Segment Start: Dataset extract
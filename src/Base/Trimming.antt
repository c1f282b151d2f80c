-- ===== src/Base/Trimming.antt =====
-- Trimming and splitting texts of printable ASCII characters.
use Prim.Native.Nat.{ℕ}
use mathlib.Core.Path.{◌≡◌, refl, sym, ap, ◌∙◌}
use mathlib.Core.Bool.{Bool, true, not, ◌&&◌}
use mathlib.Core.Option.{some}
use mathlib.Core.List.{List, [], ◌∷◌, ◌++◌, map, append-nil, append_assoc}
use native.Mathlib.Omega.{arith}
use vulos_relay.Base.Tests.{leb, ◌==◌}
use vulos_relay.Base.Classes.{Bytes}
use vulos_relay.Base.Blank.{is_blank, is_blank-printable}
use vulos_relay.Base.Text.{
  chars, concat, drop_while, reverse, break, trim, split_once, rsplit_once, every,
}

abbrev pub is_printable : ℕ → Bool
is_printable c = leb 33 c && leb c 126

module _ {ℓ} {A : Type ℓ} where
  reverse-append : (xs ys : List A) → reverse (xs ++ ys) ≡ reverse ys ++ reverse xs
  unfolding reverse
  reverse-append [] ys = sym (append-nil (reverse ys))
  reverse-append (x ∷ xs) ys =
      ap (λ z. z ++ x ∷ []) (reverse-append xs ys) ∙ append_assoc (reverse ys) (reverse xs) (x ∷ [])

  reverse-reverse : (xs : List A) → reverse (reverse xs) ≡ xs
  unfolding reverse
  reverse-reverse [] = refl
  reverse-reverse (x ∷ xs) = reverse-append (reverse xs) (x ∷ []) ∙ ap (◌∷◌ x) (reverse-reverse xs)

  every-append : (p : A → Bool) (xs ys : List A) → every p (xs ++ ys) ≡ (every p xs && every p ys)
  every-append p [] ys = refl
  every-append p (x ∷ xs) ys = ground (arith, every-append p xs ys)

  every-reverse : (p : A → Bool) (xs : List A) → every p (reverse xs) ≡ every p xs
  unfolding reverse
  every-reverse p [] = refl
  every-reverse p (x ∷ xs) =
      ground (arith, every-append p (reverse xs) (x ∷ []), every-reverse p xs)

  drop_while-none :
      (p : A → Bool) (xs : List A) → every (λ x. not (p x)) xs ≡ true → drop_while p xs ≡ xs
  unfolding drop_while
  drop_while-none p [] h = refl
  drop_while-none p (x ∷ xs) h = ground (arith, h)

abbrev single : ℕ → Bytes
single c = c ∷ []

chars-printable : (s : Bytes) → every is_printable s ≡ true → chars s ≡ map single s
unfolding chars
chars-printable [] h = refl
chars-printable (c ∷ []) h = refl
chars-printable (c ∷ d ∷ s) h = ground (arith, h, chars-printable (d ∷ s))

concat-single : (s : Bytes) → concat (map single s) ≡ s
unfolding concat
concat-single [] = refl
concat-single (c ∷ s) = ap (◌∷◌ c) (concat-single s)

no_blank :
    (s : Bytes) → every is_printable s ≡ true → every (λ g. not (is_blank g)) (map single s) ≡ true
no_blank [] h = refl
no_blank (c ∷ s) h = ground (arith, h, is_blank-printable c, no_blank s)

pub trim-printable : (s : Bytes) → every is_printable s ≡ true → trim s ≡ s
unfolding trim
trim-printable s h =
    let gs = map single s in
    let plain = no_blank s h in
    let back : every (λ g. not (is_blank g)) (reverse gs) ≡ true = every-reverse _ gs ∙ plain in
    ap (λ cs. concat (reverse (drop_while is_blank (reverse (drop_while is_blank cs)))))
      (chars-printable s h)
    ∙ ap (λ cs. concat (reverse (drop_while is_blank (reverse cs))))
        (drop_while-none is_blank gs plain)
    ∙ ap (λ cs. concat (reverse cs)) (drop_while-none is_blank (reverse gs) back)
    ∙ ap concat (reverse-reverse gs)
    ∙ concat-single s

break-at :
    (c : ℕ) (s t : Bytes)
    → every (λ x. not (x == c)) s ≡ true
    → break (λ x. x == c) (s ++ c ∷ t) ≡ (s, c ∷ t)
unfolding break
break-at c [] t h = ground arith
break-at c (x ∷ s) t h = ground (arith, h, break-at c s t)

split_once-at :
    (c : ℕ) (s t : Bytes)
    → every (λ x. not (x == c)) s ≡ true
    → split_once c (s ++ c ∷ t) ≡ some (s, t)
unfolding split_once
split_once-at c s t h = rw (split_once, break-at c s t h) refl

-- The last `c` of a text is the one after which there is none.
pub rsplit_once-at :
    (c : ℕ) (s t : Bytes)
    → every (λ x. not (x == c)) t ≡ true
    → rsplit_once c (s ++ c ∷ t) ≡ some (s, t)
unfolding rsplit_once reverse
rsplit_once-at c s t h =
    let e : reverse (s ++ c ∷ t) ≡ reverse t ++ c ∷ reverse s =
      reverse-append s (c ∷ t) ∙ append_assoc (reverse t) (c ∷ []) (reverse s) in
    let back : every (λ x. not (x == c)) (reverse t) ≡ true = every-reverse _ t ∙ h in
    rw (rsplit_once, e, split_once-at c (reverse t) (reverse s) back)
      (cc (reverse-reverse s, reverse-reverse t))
Segment End: Dataset extract
#### Work to complete:
Copy exactly, and only, the lines from the line that contains "reverse-append s (c" through the end of the data above.

#### Response to this task:
      reverse-append s (c ∷ t) ∙ append_assoc (reverse t) (c ∷ []) (reverse s) in
    let back : every (λ x. not (x == c)) (reverse t) ≡ true = every-reverse _ t ∙ h in
    rw (rsplit_once, e, split_once-at c (reverse t) (reverse s) back)
      (cc (reverse-reverse s, reverse-reverse t))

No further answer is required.